> _TASK INSTRUCTIONS_: For each line in the data that includes "module", make a copy.

> _TASK INPUTS_:

-- ===== src/Display/Write/Farewell.antt =====
-- What `WriteDisplay` shows, and what `main` leaves on the display.
use ri_mms_linux.Prelude.{
  ℕ, ◌+◌, ◌≤◌, ◌≡◌, refl, ap, ◌∙◌, arith, Bool, true, false, List, ◌++◌, length, ltb, if◌then◌else◌,
}
use ri_mms_linux.Prelude.Int.{pos}
use ri_mms_linux.Display.Panel.{Instruction, write_to_display}
use ri_mms_linux.Display.Shows.{
  Screen, show, show-append, panel_of, write_to_display-shown, write_to_display-kept,
}
use ri_mms_linux.Display.Gest.{Display}
use ri_mms_linux.Display.Write.{
  get_keyb_status, Meets, Written, returns, write_taken, write_display, then_write, stopped_text,
  blank_text, reboot_text, shutdown_text, show_farewell,
}
-- A display with nobody in `WriteDisplay` or `GestDisplay`, with these lines and zeros behind them.
use ri_mms_linux.Display.Write.Lines.{store_text-clear_line}

abbrev pub ready : List ℕ → List ℕ → List ℕ → List ℕ → Display → Display
ready upper lower mem_upper mem_lower d = record d {
  panel = panel_of upper lower mem_upper mem_lower 0 0;
  displaybusy = false;
  displaygest = false;
}

-- The call has returned 0, and the display and its two copies have these lines.
pub record Wrote (upper lower : List ℕ) (s : Screen) (w : Written) : Type 0 where
  pub sent : List Instruction
  pub d : Display
  pub written : w ≡ returns (pos 0) sent (ready upper lower upper lower d)
  pub shows_upper : (show sent s).line_of 0 ≡ upper
  pub shows_lower : (show sent s).line_of 1 ≡ lower

module _ (meets : Meets) (no_menu : get_keyb_status meets.keyboard ≡ false) where
  write_display-taken :
      (y : ℕ) (text : List ℕ) (d : Display)
      → y ≤ 1
      → length text ≡ 16
      → d.displaybusy ≡ false
      → write_display meets 0 y text text d ≡ write_taken meets.alim 0 y text d
  unfolding write_display
  write_display-taken y text d low text_16 not_busy =
      let short : ltb 16 (length text) ≡ false = ground arith in
      let short' : ltb 34 (length text) ≡ false = ground arith in
      let low' : ltb 1 y ≡ false = ground arith in
      rw no_menu (rw short (rw not_busy (rw low' (rw short' refl))))

-- What `Backlight` leaves the light at.
abbrev light : Bool → Display → Display
light alim d = record d { backlight = if alim then true else d.backlight }

module _ (alim : Bool) (u l mu ml text : List ℕ) (d : Display) (u_16 : length u ≡ 16)
    (l_16 : length l ≡ 16) (mu_16 : length mu ≡ 16) (ml_16 : length ml ≡ 16)
    (text_16 : length text ≡ 16) where
  fits : ltb 16 (length text + 0) ≡ false
  fits = ground (arith, text_16)

  write_taken-upper :
      write_taken alim 0 0 text (ready u l mu ml d)
      ≡ returns
          (pos 0)
          (write_to_display (panel_of text l mu ml 0 0)).0
          (ready text l text l (light alim d))
  unfolding write_taken
  write_taken-upper = rw fits (
      rw (store_text-clear_line u text u_16 text_16) (
        ap
          (λ p.
            returns (pos 0) (write_to_display (panel_of text l mu ml 0 0)).0
              (record (ready text l text l (light alim d)) { panel = p }))
          (write_to_display-kept text l mu ml 0 0 (omega (arith, text_16, mu_16))
            (omega (arith, l_16, ml_16)))))

  write_taken-lower :
      write_taken alim 0 1 text (ready u l mu ml d)
      ≡ returns
          (pos 0)
          (write_to_display (panel_of u text mu ml 0 0)).0
          (ready u text u text (light alim d))
  unfolding write_taken
  write_taken-lower = rw fits (
      rw (store_text-clear_line l text l_16 text_16) (
        ap
          (λ p.
            returns (pos 0) (write_to_display (panel_of u text mu ml 0 0)).0
              (record (ready u text u text (light alim d)) { panel = p }))
          (write_to_display-kept u text mu ml 0 0 (omega (arith, u_16, mu_16))
            (omega (arith, text_16, ml_16)))))

  module _ (meets : Meets) (no_menu : get_keyb_status meets.keyboard ≡ false)
      (same : meets.alim ≡ alim) (s : Screen) (upper_on : s.line_of 0 ≡ mu)
      (lower_on : s.line_of 1 ≡ ml) where
    write_upper : Wrote text l s (write_display meets 0 0 text text (ready u l mu ml d))
    write_upper =
        let shown =
          write_to_display-shown text l mu ml 0 0 s text_16 l_16 mu_16 ml_16 upper_on lower_on in
        record {
          sent = (write_to_display (panel_of text l mu ml 0 0)).0;
          d = light alim d;
          written =
              write_display-taken meets no_menu 0 text (ready u l mu ml d) (omega arith) text_16
                refl
              ∙ ap (λ b. write_taken b 0 0 text (ready u l mu ml d)) same
              ∙ write_taken-upper;
          shows_upper = shown.0;
          shows_lower = shown.1;
        }

    write_lower : Wrote u text s (write_display meets 0 1 text text (ready u l mu ml d))
    write_lower =
        let shown =
          write_to_display-shown u text mu ml 0 0 s u_16 text_16 mu_16 ml_16 upper_on lower_on in
        record {
          sent = (write_to_display (panel_of u text mu ml 0 0)).0;
          d = light alim d;
          written =
              write_display-taken meets no_menu 1 text (ready u l mu ml d) (omega arith) text_16
                refl
              ∙ ap (λ b. write_taken b 0 1 text (ready u l mu ml d)) same
              ∙ write_taken-lower;
          shows_upper = shown.0;
          shows_lower = shown.1;
        }

-- A call behind another.
then_write-Wrote :
    (u l u' l' : List ℕ) (s : Screen) (w : Written) (next : Display → Written)
    → Wrote u l s w
    → ((d : Display) (t : Screen)
        → t.line_of 0 ≡ u
        → t.line_of 1 ≡ l
        → Wrote u' l' t (next (ready u l u l d)))
    → Wrote u' l' s (then_write w next)
then_write-Wrote u l u' l' s w next first second =
    let later = second first.d (show first.sent s) first.shows_upper first.shows_lower in
    let joined = show-append first.sent later.sent s in
    record {
      sent = first.sent ++ later.sent;
      d = later.d;
      written =
          ap (λ w'. then_write w' next) first.written
          ∙ ap (λ w'. then_write (returns (pos 0) first.sent (ready u l u l first.d)) (λ x. w'))
              later.written;
      shows_upper = ap (λ (t : Screen). t.line_of 0) joined ∙ later.shows_upper;
      shows_lower = ap (λ (t : Screen). t.line_of 1) joined ∙ later.shows_lower;
    }

-- The second line in the end.
abbrev pub last_text : Bool → Bool → List ℕ
last_text flagrebootsystem flagpoweroffsystem =
    if flagrebootsystem
    then reboot_text
    else if flagpoweroffsystem
    then shutdown_text
    else blank_text

-- With no menu open and nobody else writing, the last calls of `main` return 0, and a display that
-- showed what was last sent to it shows `Centralina ferma` and, below, `Riavvio sistema` if the
-- system is to be booted again, else `Arresto sistema` if it is to be switched off, else nothing,
-- whatever its lines were. Nobody is left waiting.
pub show_farewell-Wrote :
    (meets : Meets) (flagrebootsystem flagpoweroffsystem : Bool) (u l mu ml : List ℕ) (d : Display)
    (s : Screen)
    → get_keyb_status meets.keyboard ≡ false
    → length u ≡ 16
    → length l ≡ 16
    → length mu ≡ 16
    → length ml ≡ 16
    → s.line_of 0 ≡ mu
    → s.line_of 1 ≡ ml
    → Wrote stopped_text
        (last_text flagrebootsystem flagpoweroffsystem)
        s
        (show_farewell meets flagrebootsystem flagpoweroffsystem (ready u l mu ml d))
unfolding show_farewell
show_farewell-Wrote meets reboot poweroff u l mu ml d s no_menu u_16 l_16 mu_16 ml_16 up low =
    by_flags reboot poweroff
  where
    lower_next :
        (text last : List ℕ)
        → length text ≡ 16
        → length last ≡ 16
        → (d' : Display) (t : Screen) → t.line_of 0 ≡ stopped_text
        → t.line_of 1 ≡ last
        → Wrote stopped_text text t
            (write_display meets 0 1 text text (ready stopped_text last stopped_text last d'))
    lower_next text last text_16 last_16 d' t up' low' =
        write_lower meets.alim stopped_text last stopped_text last text d' refl last_16 refl last_16
          text_16 meets no_menu refl t up' low'

    stopped : Wrote stopped_text blank_text s (
        then_write
          (write_display meets 0 0 stopped_text stopped_text (ready u l mu ml d))
          (write_display meets 0 1 blank_text blank_text))
    stopped =
        then_write-Wrote stopped_text l stopped_text blank_text s _ _
          (write_upper meets.alim u l mu ml stopped_text d u_16 l_16 mu_16 ml_16 refl meets no_menu
            refl s up low)
          (lower_next blank_text l refl l_16)

    with_last :
        (text : List ℕ)
        → length text ≡ 16
        → Wrote stopped_text text s (
            then_write
              (then_write
                (write_display meets 0 0 stopped_text stopped_text (ready u l mu ml d))
                (write_display meets 0 1 blank_text blank_text))
              (write_display meets 0 1 text text))
    with_last text text_16 =
        then_write-Wrote stopped_text blank_text stopped_text text s _ _ stopped
          (lower_next text blank_text text_16 refl)

    by_flags :
        (r p : Bool)
        → Wrote stopped_text (last_text r p) s (show_farewell meets r p (ready u l mu ml d))
    by_flags true p = with_last reboot_text refl
    by_flags false true = with_last shutdown_text refl
    by_flags false false = stopped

> _RESULT BELOW_:
module _ (meets : Meets) (no_menu : get_keyb_status meets.keyboard ≡ false) where
module _ (alim : Bool) (u l mu ml text : List ℕ) (d : Display) (u_16 : length u ≡ 16)
  module _ (meets : Meets) (no_menu : get_keyb_status meets.keyboard ≡ false)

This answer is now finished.